Pero sí: en el libro se plantea un constante diálogo entre los varios yos que todos tenemos: el que nosotros sentimos íntimamente, el que los demás ven, el que el Otro nos devuelve. Siempre hay un pulso entre la que asiente y la que cuestiona, entre aspectos de nosotros que quieren huir y a los que les compensa quedarse; y es así en todo!

DCarrión

Viendo su imagen, sus videos, uno piensa que está (o debería estar) encantada de haberse conocido. ¿Qué hay de impostura, de provocación, de actuación en todo ello?

Yolanda Castaño

Un poco de las tres y aún más cosas: romper el patrón (también estético) que sigue existiendo para los poetas, especialmente para las poetas. Todavía opera un arquetipo, muy prejuicioso, rancio y tópico, sobre lo que una poeta “debería” y “no debería” hacer y parecer.

Los y las que escribimos poesía debemos tener el aspecto que libremente decidamos, y el ademán que se ve natural en un actor o en una cantante debería hacerlo también en una poeta. Más allá de ello, cuidar nuestro aspecto externo y expresarnos a través de él no implica que descuidemos otras cosas, ni tampoco ha de desviar la atención de lo que verdaderamente importa, que es nuestro trabajo.

DCarrión

Hablemos de otros temas: el paso del tiempo, la memoria… quizás no le preocupan mucho todavía. Quizás sean temas para poetas con canas (dicho sea con todos los respetos para los que tienen canas).

Yolanda Castaño

El paso del tiempo es otro de los temas que aparece siempre en mi trabajo, pero efectivamente más vinculado al “carpe diem”, o a la prisa por vivir, por aprender, por recorrer.

Es cierto que hay temas como la memoria lejana (pues con la cercana es obligatoriamente con la que operamos cuando hacemos “memoria emocional”) o la muerte que no han atraído todavía demasiado mi atención, pero su tiempo llegará. Mi momento poético siempre va vinculado al momento vital en el que me encuentro inmersa, y por eso sólo puedo escribir sobre aquello que de veras me toca.

En los últimos tiempos es una orientación más social la que me llama.

DCarrión

En “Profundidade de campo” (2007, en castellano en 2009) continúa la relación conflictiva con la imagen propia, con la identidad propia. Pero se añaden otros elementos morales, el libre albedrío… ¿Somos libres para decidir quiénes somos?

Yolanda Castaño

Ojalá! No somos libres para ser quienes somos desde el momento en el que no lo somos para contar con todas las opciones posibles, pero mucha menos libertad tenemos a la hora de que los demás decidan quiénes y cómo somos.

DCarrión

¿Qué es la videopoesía?

Yolanda Castaño

Una fusión de dos lenguajes creativos entre los que se pueden establecer expresivos diálogos: la poesía y el audiovisual.

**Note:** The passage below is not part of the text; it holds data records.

-- ===== src/RecvBuffer.antt =====
-- The buffered reader of ffi/network.c (`linen_recvbuf_t`): `recvbuf_fill`, `linen_recvbuf_create`,
-- `linen_recvbuf_readline` and `linen_recvbuf_readn`.
--
-- `recv` is a parameter: it takes the descriptor and the room that is left, and answers with the bytes
-- that it stored or with an `errno`. `W` is the state of the world that it changes. A call that updates
-- `*rb` returns the new buffer. The loops run on fuel; `ReadN` and `ReadLine` prove that it suffices.
pub mod Valid
pub mod Stream
pub mod ReadN
pub mod ReadLine
pub mod Lines
mod Examples
use linen.Base.{
  ℕ, zero, suc, ◌+◌, ◌-◌, Bool, true, false, ◌&&◌, List, [], ◌∷◌, ◌++◌, reverse, ltb, leb, ◌==◌,
  if◌then◌else◌, length, get_or, take, drop, replicate, write_at, add_size, sub_size, Fd, Errno,
  errno_other, would_block, user_error, os_error, Result, ok, error, out_of_fuel,
}

-- RECVBUF_SIZE
abbrev pub recvbuf_size : ℕ
recvbuf_size = 4096

-- `uint8_t line[8192]`
abbrev pub line_size : ℕ
line_size = 8192

-- `linen_recvbuf_t`
pub record RecvBuf : Type 0 where
  pub fd : Fd
  pub pos : ℕ
  pub len : ℕ
  pub buf : List ℕ

-- what `recv` returns: the bytes stored (none of them at end of file), or -1 with `errno`
pub data RecvReply : Type 0 where
  got : List ℕ → RecvReply
  fails : Errno → RecvReply

-- what `recvbuf_fill` returns: a number of bytes, or -1 with `errno`
pub data Fill : Type 0 where
  filled : ℕ → Fill
  fill_failed : Errno → Fill

-- `calloc` zeroes the structure.
pub create : Fd → RecvBuf
create sock = record { fd = sock; pos = 0; len = 0; buf = replicate recvbuf_size 0 }

-- the bytes of the buffer that are not yet consumed, `buf[pos .. len)`
abbrev pub slice : List ℕ → ℕ → ℕ → List ℕ
slice b i n = take n (drop i b)

-- The first part of `recvbuf_fill`: remaining bytes move to the front.
pub compact : RecvBuf → RecvBuf
compact rb =
    if ltb 0 rb.pos && ltb rb.pos rb.len
    then record rb {
      pos = 0;
      len = sub_size rb.len rb.pos;
      buf = write_at rb.buf 0 (slice rb.buf rb.pos (sub_size rb.len rb.pos));
    }
    else if ltb 0 rb.pos
    then record rb { pos = 0; len = 0 }
    else rb

-- the bytes that `recv` stores behind `len`
pub store : RecvBuf → List ℕ → RecvBuf
store rb bs = record rb { len = add_size rb.len (length bs); buf = write_at rb.buf rb.len bs }

-- what the scan over the buffered bytes comes to
pub data Scan : Type 0 where
  line_done : List ℕ → Scan
  line_too_long : Scan
  drained : List ℕ → Scan

-- The line is kept newest byte first, so `line[line_len - 1]` is its head.
abbrev pub ends_cr : List ℕ → Bool
ends_cr [] = false
ends_cr (c ∷ line) = c == b'\r'

-- the line without its last byte, in order
abbrev pub without_last : List ℕ → List ℕ
without_last [] = []
without_last (c ∷ line) = reverse line

-- `while (rb->pos < rb->len)`, on the number of bytes that are left
pub scan : ℕ → List ℕ → RecvBuf → Scan × RecvBuf
scan zero line rb = (drained line, rb)
scan (suc n) line rb =
    let c = get_or rb.buf rb.pos 0 in
    let rb' : RecvBuf = record rb { pos = add_size rb.pos 1 } in
    let rest = scan n (c ∷ line) rb' in
    if ends_cr line && c == b'\n'
    then (line_done (without_last line), rb')
    else if ltb (length line) (line_size - 1)
    then rest
    else (line_too_long, rb')

module _ {W : Type 0} where
  -- The body of the loop in `recvbuf_fill` after its call of `recv`; `retry` is the next round.
  pub fill_after : (Errno → W → Fill × RecvBuf × W) → RecvBuf → RecvReply × W → Fill × RecvBuf × W
  fill_after retry rb (got bs, w) = (filled (length bs), store rb bs, w)
  fill_after retry rb (fails e, w) = if would_block e then retry e w else (fill_failed e, rb, w)

  -- The end of the outer loop's body in `linen_recvbuf_readline`, after the refill. An empty line at
  -- the end of the input gives the empty string, as any other gives its bytes.
  pub readline_after :
      (RecvBuf → W → Result (List ℕ) × RecvBuf × W)
      → List ℕ
      → Fill × RecvBuf × W
      → Result (List ℕ) × RecvBuf × W
  readline_after again line (fill_failed e, rb, w) = (error (os_error e), rb, w)
  readline_after again line (filled zero, rb, w) = (ok (reverse line), rb, w)
  readline_after again line (filled (suc n), rb, w) = again rb w

  -- The end of the loop's body in `linen_recvbuf_readn`, after the refill.
  pub readn_after :
      (RecvBuf → W → Result (List ℕ) × RecvBuf × W)
      → List ℕ
      → Fill × RecvBuf × W
      → Result (List ℕ) × RecvBuf × W
  readn_after again dst (fill_failed e, rb, w) = (error (os_error e), rb, w)
  readn_after again dst (filled zero, rb, w) = (ok dst, rb, w)
  readn_after again dst (filled (suc n), rb, w) = again rb w

-- The copy in the loop of `linen_recvbuf_readn`: up to `n` bytes in all, `dst` being those so far.
pub copy_avail : ℕ → List ℕ × RecvBuf → List ℕ × RecvBuf
copy_avail n (dst, rb) =
    let avail = sub_size rb.len rb.pos in
    let wanted = sub_size n (length dst) in
    let to_copy = if ltb avail wanted then avail else wanted in
    if ltb 0 avail
    then (dst ++ slice rb.buf rb.pos to_copy, record rb { pos = add_size rb.pos to_copy })
    else (dst, rb)

module _ {W : Type 0} (recv : Fd → ℕ → W → RecvReply × W) where
  -- `for (int retry = 0; retry < 4; retry++)`, on the rounds left and the `errno` of the last one
  pub fill_retry : ℕ → Errno → ℕ → RecvBuf → W → Fill × RecvBuf × W
  unfolding fill_after store
  fill_retry zero e space rb w = (fill_failed e, rb, w)
  fill_retry (suc k) e space rb w =
      fill_after (λ e' w'. fill_retry k e' space rb w') rb (recv rb.fd space w)

  -- `recvbuf_fill`
  pub fill : RecvBuf → W → Fill × RecvBuf × W
  unfolding compact fill_retry
  fill rb w =
      let rb' = compact rb in
      let space = sub_size recvbuf_size rb'.len in
      if space == 0 then (filled 0, rb', w) else fill_retry 4 (errno_other 0) space rb' w

  -- the outer loop of `linen_recvbuf_readline`
  pub readline_loop : ℕ → List ℕ → RecvBuf → W → Result (List ℕ) × RecvBuf × W
  unfolding scan fill readline_after
  readline_loop zero line rb w = (out_of_fuel, rb, w)
  readline_loop (suc f) line rb w =
      let (s, rb') = scan (sub_size rb.len rb.pos) line rb in
      elim s [
        | line_done l ↦ (ok l, rb', w)
        | line_too_long ↦ (error (user_error "recvbuf_readline: line too long (>8KB)"), rb', w)
        | drained line' ↦
            readline_after (λ rb'' w'. readline_loop f line' rb'' w') line' (fill rb' w)
      ]

  pub readline : RecvBuf → W → Result (List ℕ) × RecvBuf × W
  unfolding readline_loop
  readline rb w = readline_loop (line_size + 1) [] rb w

  -- `while (total < n)` in `linen_recvbuf_readn`
  pub readn_loop : ℕ → ℕ → List ℕ → RecvBuf → W → Result (List ℕ) × RecvBuf × W
  unfolding copy_avail fill readn_after
  readn_loop zero n dst rb w = (out_of_fuel, rb, w)
  readn_loop (suc f) n dst rb w =
      let (dst', rb') = copy_avail n (dst, rb) in
      let rest = readn_after (λ rb'' w'. readn_loop f n dst' rb'' w') dst' (fill rb' w) in
      if ltb (length dst) n
      then if leb n (length dst') then (ok dst', rb', w) else rest
      else (ok dst, rb, w)

  pub readn : RecvBuf → ℕ → W → Result (List ℕ) × RecvBuf × W
  unfolding readn_loop
  readn rb n w = readn_loop (n + 2) n [] rb w
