-- ===== src/RecvBuffer/Valid.antt =====
-- The invariant of linen_recvbuf_t in ffi/network.c, with the moving and storing of its bytes.
use linen.Base.{
  ℕ, zero, suc, ◌+◌, ◌-◌, ◌≤◌, ◌≡◌, refl, ap, ◌∙◌, inl, inr, List, ◌++◌, arith, ltb, ltb→ge,
  Bool-cases, length, take, drop, length-write_at, length-take, length-drop, length-replicate,
  take-write_at, write_at, add_size, sub_size, Fd,
}
use linen.RecvBuffer.{RecvBuf, recvbuf_size, create, slice, compact, store}

pub record IsValid (rb : RecvBuf) : Type 0 where
  pub consumed : rb.pos ≤ rb.len
  pub fits : rb.len ≤ recvbuf_size
  pub sized : length rb.buf ≡ recvbuf_size

-- the buffered bytes that are not yet consumed
abbrev pub view : RecvBuf → List ℕ
view rb = slice rb.buf rb.pos (rb.len - rb.pos)

pub create-IsValid : (sock : Fd) → IsValid (create sock)
unfolding create
create-IsValid sock = record {
  consumed = omega arith;
  fits = omega arith;
  sized = length-replicate {A = ℕ} recvbuf_size 0;
}

pub length-view : {rb : RecvBuf} → IsValid rb → length (view rb) ≡ rb.len - rb.pos
length-view {rb} v =
    omega
      (arith, length-take {0} (rb.len - rb.pos) (drop rb.pos rb.buf), length-drop {0} rb.pos rb.buf)

-- Moving the remaining bytes to the front changes none of them.
pub record Compacted (rb c : RecvBuf) : Type 0 where
  pub valid : IsValid c
  pub front : c.pos ≡ 0
  pub same_fd : c.fd ≡ rb.fd
  pub same_view : view c ≡ view rb

pub sub_size-eq : (a b : ℕ) → b ≤ a → a ≤ recvbuf_size → sub_size a b ≡ a - b
sub_size-eq a b h k = omega arith

compact-moved :
    (rb : RecvBuf) (n : ℕ)
    → IsValid rb
    → n ≡ rb.len - rb.pos
    → take (n - 0) (write_at rb.buf 0 (slice rb.buf rb.pos n)) ≡ view rb
compact-moved rb n v e =
    take-write_at rb.buf 0 (slice rb.buf rb.pos n) (n - 0)
      (omega
        (arith, length-take {0} n (drop rb.pos rb.buf), length-drop {0} rb.pos rb.buf, v.sized))
      (omega (arith, v.sized))
    ∙ ap (slice rb.buf rb.pos) e

pub compact-Compacted : (rb : RecvBuf) → IsValid rb → Compacted rb (compact rb)
unfolding compact
compact-Compacted rb v = elim (Bool-cases (ltb 0 rb.pos)) [
  | inl some_consumed ↦ elim (Bool-cases (ltb rb.pos rb.len)) [
    | inl some_left ↦
        rw (some_consumed, some_left)
          (record {
            valid = record {
              consumed = omega arith;
              fits = omega arith;
              sized = length-write_at rb.buf 0 _ ∙ v.sized;
            };
            front = refl;
            same_fd = refl;
            same_view = compact-moved rb _ v (sub_size-eq rb.len rb.pos v.consumed v.fits);
          })
    | inr none_left ↦
        rw (some_consumed, none_left)
          (record {
            valid = record { consumed = omega arith; fits = omega arith; sized = v.sized };
            front = refl;
            same_fd = refl;
            same_view =
                ap (slice rb.buf rb.pos) {x = 0} (omega (arith, ltb→ge rb.pos rb.len none_left));
          })
  ]
  | inr none_consumed ↦
      rw none_consumed
        (record { valid = v; front = ground arith; same_fd = refl; same_view = refl })
]

stored :
    (b bs : List ℕ) (p l k : ℕ)
    → p ≡ 0
    → k ≡ l + length bs
    → k ≤ length b
    → take (k - p) (drop p (write_at b l bs)) ≡ take (l - p) (drop p b) ++ bs
stored b bs zero l k front e h =
    take-write_at b l bs (k - 0) (omega arith) (omega arith)
    ∙ ap (λ n. take n b ++ bs) (omega arith)
stored b bs (suc p) l k front e h = absurd (omega arith)

-- What `recv` stores stands behind what the buffer held.
pub record Stored (rb : RecvBuf) (bs : List ℕ) (s : RecvBuf) : Type 0 where
  pub valid : IsValid s
  pub same_fd : s.fd ≡ rb.fd
  pub longer : view s ≡ view rb ++ bs

pub store-Stored :
    (rb : RecvBuf) (bs : List ℕ)
    → IsValid rb
    → rb.pos ≡ 0
    → length bs ≤ sub_size recvbuf_size rb.len
    → Stored rb bs (store rb bs)
unfolding store
store-Stored rb bs v front room = record {
  valid = record {
    consumed = omega (arith, v.fits);
    fits = omega (arith, v.fits);
    sized = length-write_at rb.buf rb.len bs ∙ v.sized;
  };
  same_fd = refl;
  longer =
      stored rb.buf bs rb.pos rb.len (add_size rb.len (length bs)) front (omega (arith, v.fits))
        (omega (arith, v.fits, v.sized));
}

Del mismo modo en que una novela deriva en una película, un poema puede dar lugar a una pequeña pieza audiovisual en la que lo narrativo no pesa tanto como la transmisión de unas emociones, una estética, un clima de sensaciones.

Así se genera una especie de “videoclip” en el que en lugar de una canción, es un poema el que se hace acompañar de metáforas visuales y otros recursos que entran en diálogo con él.

DCarrión

Ha tratado usted de fusionar otros lenguajes con la poesía: la música, la plástica, el audiovisual, la cocina… ¿qué le queda por probar?

Yolanda Castaño

¡Espero que muchas cosas!

En mi ansia por difundir la poesía, imbricarla en la vida real, acercarla a la sociedad actual y relacionarla con el mayor número de aspectos de la vida, siempre espero que surjan más oportunidades de aprender, de colaborar con otros artistas que me ayudan a saber más sobre mi propio oficio o a entender mejor mi propio trabajo, de sacarle más partido expresivo a los versos, de ampliar públicos, de confrontar ideas, de ocupar nuevos espacios y de vivir nuevas experiencias.

¡Ojalá quede mucho por explorar!

DCarrión

Hoy, usted y Andrea van a hablar de “Cociñando ao pé da letra” ¿Se puede decir “te quiero”, “te odio”, “te necesito” con un plato de comida?

Yolanda Castaño

No sé cuánta concreción puede alcanzar un mensaje dicho con comida, pero sí sé que un plato puede resultar enormemente expresivo, incluso mediante facetas que no puede implicar un mensaje de lenguaje racional.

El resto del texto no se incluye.